→ **EXERCISE GOAL**
Copy verbatim the block of lines in the entries below whose first line contains "(outcome event fix.status).1)" and whose last line contains "is_unresolved (some _) = false". Leave out all other lines.

→ **RECORDS SHOWN**

== Segment start ==

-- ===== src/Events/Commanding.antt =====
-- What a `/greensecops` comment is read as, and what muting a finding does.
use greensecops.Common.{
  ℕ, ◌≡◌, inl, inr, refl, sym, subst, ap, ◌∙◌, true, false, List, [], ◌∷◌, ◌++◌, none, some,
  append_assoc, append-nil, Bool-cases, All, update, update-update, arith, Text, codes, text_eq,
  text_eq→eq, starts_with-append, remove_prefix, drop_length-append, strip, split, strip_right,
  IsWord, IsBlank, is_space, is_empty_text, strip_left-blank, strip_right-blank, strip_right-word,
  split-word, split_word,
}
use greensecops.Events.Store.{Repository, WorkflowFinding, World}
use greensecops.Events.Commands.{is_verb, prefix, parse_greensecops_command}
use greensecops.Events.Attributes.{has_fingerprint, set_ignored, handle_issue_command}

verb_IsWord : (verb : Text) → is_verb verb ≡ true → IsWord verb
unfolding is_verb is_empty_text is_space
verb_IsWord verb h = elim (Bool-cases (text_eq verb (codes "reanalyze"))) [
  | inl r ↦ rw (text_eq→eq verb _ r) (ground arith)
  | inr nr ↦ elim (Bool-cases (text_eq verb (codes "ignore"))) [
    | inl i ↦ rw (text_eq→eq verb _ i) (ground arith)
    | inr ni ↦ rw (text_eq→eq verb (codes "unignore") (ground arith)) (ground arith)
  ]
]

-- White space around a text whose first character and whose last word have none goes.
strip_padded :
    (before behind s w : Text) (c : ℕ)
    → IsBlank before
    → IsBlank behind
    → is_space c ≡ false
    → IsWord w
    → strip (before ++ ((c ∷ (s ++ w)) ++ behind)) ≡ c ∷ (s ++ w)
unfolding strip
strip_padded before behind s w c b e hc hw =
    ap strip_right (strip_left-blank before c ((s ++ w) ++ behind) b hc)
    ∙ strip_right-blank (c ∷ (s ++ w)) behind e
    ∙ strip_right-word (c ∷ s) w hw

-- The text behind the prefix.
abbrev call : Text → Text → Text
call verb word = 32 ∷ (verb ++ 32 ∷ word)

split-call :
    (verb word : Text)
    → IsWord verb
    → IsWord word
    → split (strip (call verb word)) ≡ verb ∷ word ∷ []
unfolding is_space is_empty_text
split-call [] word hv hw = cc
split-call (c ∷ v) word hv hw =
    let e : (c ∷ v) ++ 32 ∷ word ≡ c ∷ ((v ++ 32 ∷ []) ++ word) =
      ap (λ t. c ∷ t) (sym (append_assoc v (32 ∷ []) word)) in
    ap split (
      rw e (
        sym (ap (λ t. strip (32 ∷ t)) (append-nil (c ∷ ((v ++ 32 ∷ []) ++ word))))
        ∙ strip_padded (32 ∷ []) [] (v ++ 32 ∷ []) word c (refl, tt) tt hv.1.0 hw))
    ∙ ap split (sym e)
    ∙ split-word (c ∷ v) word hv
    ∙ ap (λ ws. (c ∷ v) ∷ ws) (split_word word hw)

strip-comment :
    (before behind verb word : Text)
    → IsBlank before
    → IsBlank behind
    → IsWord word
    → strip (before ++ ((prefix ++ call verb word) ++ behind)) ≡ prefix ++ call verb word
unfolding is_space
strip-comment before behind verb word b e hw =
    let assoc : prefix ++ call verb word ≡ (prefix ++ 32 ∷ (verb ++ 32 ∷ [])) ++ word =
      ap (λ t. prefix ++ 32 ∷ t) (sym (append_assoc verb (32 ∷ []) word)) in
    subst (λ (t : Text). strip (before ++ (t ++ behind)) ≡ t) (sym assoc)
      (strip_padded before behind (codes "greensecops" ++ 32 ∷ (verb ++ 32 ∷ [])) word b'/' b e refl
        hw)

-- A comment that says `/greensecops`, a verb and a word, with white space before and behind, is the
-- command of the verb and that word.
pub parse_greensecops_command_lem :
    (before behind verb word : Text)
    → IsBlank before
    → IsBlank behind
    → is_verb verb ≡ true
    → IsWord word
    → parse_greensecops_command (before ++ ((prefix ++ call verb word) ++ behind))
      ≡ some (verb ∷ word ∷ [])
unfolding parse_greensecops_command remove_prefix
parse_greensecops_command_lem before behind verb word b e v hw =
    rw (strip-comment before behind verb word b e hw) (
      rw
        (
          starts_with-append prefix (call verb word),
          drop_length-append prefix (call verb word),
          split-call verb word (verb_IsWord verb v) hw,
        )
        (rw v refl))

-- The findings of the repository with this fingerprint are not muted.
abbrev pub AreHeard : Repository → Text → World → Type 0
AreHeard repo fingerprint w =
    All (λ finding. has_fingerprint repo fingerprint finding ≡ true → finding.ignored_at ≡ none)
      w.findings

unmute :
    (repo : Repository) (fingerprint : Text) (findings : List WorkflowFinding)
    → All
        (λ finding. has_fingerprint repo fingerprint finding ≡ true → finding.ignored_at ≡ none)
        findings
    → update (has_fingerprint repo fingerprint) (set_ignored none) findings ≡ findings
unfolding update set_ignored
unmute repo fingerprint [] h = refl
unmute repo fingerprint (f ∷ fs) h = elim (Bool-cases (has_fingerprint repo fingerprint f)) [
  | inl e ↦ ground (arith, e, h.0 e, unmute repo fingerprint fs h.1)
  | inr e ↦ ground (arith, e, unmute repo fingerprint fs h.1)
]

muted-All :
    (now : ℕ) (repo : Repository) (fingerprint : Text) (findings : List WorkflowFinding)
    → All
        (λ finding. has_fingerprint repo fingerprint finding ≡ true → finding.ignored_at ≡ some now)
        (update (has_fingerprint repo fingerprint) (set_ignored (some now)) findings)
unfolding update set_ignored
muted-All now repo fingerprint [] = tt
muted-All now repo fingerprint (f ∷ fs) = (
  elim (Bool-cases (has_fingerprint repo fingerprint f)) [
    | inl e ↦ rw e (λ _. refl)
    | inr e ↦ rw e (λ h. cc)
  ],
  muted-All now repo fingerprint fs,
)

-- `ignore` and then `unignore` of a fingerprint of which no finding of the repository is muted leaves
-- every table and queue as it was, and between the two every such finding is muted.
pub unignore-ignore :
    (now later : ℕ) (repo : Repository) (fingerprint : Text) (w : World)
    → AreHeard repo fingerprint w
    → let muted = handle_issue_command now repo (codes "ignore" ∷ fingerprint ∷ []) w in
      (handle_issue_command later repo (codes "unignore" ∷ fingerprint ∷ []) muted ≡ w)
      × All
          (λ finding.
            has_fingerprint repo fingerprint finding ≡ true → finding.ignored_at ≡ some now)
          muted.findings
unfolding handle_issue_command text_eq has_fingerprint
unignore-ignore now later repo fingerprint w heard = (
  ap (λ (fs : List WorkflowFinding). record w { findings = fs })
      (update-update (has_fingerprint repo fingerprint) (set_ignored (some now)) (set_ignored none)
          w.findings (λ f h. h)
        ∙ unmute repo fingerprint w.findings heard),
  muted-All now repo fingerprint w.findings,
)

== Segment end ==
== Segment start ==

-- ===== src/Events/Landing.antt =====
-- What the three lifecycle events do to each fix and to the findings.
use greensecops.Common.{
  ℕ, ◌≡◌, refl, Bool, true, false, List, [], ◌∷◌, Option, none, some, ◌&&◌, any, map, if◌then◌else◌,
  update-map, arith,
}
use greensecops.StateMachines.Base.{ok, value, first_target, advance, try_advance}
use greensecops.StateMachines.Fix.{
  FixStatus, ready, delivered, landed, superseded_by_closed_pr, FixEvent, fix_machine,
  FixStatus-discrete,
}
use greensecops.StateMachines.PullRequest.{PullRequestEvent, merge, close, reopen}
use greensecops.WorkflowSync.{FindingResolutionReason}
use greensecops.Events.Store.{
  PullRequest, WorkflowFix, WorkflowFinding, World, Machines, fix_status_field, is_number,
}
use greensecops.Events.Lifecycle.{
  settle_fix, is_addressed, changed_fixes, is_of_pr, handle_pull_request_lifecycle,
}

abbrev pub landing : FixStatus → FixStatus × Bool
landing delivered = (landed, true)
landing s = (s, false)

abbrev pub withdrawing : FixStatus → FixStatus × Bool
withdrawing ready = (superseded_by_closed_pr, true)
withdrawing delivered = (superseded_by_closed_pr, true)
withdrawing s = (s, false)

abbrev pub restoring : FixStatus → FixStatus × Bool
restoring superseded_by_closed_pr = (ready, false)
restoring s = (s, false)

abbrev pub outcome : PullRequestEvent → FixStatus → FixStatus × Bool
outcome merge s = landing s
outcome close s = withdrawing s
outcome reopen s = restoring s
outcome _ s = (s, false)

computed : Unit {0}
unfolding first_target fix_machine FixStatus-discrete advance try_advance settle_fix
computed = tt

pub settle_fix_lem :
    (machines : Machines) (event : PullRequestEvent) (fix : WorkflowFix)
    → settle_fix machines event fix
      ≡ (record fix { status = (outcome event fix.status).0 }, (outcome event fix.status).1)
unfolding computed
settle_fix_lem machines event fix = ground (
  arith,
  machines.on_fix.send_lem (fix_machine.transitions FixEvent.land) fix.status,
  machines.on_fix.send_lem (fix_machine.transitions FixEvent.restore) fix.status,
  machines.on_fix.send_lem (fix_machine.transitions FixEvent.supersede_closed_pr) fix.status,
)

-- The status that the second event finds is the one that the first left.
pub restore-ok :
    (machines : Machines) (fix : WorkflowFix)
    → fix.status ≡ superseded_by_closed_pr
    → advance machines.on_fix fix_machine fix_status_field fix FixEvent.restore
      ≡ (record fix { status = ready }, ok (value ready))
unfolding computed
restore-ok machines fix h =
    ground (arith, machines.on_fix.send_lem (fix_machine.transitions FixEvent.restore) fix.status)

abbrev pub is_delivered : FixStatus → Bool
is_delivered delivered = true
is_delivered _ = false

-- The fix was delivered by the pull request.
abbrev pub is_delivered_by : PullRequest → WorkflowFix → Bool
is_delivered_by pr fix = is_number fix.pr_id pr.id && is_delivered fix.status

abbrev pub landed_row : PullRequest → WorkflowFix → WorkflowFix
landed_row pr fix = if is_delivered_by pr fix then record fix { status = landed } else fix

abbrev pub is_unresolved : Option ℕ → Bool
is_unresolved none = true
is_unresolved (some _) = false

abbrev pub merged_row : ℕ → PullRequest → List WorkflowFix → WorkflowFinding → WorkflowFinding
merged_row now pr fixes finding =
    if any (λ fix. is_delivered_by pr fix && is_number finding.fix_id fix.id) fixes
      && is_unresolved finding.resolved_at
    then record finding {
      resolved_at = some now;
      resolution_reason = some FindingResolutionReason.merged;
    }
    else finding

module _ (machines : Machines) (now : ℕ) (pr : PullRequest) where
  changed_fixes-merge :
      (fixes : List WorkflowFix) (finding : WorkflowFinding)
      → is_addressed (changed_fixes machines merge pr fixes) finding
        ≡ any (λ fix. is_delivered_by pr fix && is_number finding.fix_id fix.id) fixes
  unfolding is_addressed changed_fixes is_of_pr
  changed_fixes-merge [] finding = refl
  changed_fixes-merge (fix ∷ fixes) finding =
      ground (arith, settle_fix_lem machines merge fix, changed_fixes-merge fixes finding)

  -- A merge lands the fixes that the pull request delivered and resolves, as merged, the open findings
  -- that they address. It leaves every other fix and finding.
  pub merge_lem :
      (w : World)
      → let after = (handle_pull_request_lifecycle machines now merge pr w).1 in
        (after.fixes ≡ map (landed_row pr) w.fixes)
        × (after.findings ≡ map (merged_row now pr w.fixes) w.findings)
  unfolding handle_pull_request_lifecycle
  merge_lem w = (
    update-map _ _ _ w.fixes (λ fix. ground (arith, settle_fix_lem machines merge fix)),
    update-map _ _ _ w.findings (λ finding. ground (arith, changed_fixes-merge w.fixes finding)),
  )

== Segment end ==
== Segment start ==

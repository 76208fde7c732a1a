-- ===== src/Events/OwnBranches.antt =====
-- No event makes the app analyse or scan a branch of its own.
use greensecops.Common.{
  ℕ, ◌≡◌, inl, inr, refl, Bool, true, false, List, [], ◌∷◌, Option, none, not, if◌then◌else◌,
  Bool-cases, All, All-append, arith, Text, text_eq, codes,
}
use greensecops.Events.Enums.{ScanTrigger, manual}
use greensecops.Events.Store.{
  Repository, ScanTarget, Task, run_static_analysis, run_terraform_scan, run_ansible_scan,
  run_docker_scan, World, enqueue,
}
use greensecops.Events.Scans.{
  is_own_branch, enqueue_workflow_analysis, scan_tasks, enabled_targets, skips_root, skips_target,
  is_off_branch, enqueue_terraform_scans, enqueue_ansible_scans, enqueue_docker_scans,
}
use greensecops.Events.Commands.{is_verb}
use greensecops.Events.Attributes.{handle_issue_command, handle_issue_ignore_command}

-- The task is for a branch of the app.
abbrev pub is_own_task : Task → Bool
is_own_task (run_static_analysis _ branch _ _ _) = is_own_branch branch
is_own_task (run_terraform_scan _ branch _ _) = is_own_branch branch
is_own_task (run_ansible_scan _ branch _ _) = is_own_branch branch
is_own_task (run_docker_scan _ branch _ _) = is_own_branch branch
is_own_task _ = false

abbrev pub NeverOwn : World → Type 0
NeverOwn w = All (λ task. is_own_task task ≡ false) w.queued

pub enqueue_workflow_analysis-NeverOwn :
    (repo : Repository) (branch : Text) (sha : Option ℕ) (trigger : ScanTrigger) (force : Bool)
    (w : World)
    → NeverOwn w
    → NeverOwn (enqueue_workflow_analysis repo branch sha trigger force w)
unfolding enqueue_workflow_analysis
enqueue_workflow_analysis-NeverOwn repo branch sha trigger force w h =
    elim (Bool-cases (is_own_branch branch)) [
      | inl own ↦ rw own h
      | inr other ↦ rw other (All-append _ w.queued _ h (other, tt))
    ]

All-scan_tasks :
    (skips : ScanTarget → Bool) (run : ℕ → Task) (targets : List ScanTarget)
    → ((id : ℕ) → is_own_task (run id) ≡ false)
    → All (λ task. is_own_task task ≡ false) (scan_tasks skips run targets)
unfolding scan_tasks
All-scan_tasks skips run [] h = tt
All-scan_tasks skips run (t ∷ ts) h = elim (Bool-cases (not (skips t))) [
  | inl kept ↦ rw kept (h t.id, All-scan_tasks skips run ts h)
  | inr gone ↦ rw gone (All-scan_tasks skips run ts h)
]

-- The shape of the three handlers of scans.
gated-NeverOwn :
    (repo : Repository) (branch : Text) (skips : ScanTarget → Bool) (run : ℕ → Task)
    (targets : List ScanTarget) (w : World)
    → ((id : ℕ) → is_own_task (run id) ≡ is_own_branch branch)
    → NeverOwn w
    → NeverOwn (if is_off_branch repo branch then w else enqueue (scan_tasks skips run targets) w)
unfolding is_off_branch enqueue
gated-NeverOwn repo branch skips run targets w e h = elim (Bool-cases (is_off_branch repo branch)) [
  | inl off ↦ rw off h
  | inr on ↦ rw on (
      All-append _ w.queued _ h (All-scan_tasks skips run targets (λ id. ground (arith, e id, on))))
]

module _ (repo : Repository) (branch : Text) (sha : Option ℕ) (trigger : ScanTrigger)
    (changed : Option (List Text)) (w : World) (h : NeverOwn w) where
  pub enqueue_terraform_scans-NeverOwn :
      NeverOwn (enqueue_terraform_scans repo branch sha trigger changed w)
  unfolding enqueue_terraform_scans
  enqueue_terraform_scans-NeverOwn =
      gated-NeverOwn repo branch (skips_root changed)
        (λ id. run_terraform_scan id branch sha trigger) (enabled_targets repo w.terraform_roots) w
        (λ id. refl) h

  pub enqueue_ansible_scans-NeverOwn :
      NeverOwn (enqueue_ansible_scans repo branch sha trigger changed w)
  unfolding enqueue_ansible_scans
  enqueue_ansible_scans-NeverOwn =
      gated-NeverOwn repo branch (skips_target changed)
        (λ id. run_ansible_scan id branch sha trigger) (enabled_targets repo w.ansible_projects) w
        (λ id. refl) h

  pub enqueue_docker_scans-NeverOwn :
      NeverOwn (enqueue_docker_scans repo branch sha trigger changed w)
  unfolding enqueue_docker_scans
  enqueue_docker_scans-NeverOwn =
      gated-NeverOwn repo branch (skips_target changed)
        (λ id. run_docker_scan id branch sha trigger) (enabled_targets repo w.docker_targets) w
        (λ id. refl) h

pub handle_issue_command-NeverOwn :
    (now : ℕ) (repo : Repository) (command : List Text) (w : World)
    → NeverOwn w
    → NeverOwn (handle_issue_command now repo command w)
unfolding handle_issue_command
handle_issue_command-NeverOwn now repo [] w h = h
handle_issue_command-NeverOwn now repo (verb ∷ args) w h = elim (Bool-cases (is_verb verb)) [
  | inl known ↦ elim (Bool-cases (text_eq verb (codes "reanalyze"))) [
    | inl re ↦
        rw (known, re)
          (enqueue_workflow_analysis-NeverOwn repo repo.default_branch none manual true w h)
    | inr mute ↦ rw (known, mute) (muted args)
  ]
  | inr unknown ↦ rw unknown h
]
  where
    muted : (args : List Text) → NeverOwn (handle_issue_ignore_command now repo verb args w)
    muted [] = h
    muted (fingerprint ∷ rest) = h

== Segment end ==

→ **SOLUTION TO THIS TASK**
      ≡ (record fix { status = (outcome event fix.status).0 }, (outcome event fix.status).1)
unfolding computed
settle_fix_lem machines event fix = ground (
  arith,
  machines.on_fix.send_lem (fix_machine.transitions FixEvent.land) fix.status,
  machines.on_fix.send_lem (fix_machine.transitions FixEvent.restore) fix.status,
  machines.on_fix.send_lem (fix_machine.transitions FixEvent.supersede_closed_pr) fix.status,
)

-- The status that the second event finds is the one that the first left.
pub restore-ok :
    (machines : Machines) (fix : WorkflowFix)
    → fix.status ≡ superseded_by_closed_pr
    → advance machines.on_fix fix_machine fix_status_field fix FixEvent.restore
      ≡ (record fix { status = ready }, ok (value ready))
unfolding computed
restore-ok machines fix h =
    ground (arith, machines.on_fix.send_lem (fix_machine.transitions FixEvent.restore) fix.status)

abbrev pub is_delivered : FixStatus → Bool
is_delivered delivered = true
is_delivered _ = false

-- The fix was delivered by the pull request.
abbrev pub is_delivered_by : PullRequest → WorkflowFix → Bool
is_delivered_by pr fix = is_number fix.pr_id pr.id && is_delivered fix.status

abbrev pub landed_row : PullRequest → WorkflowFix → WorkflowFix
landed_row pr fix = if is_delivered_by pr fix then record fix { status = landed } else fix

abbrev pub is_unresolved : Option ℕ → Bool
is_unresolved none = true
is_unresolved (some _) = false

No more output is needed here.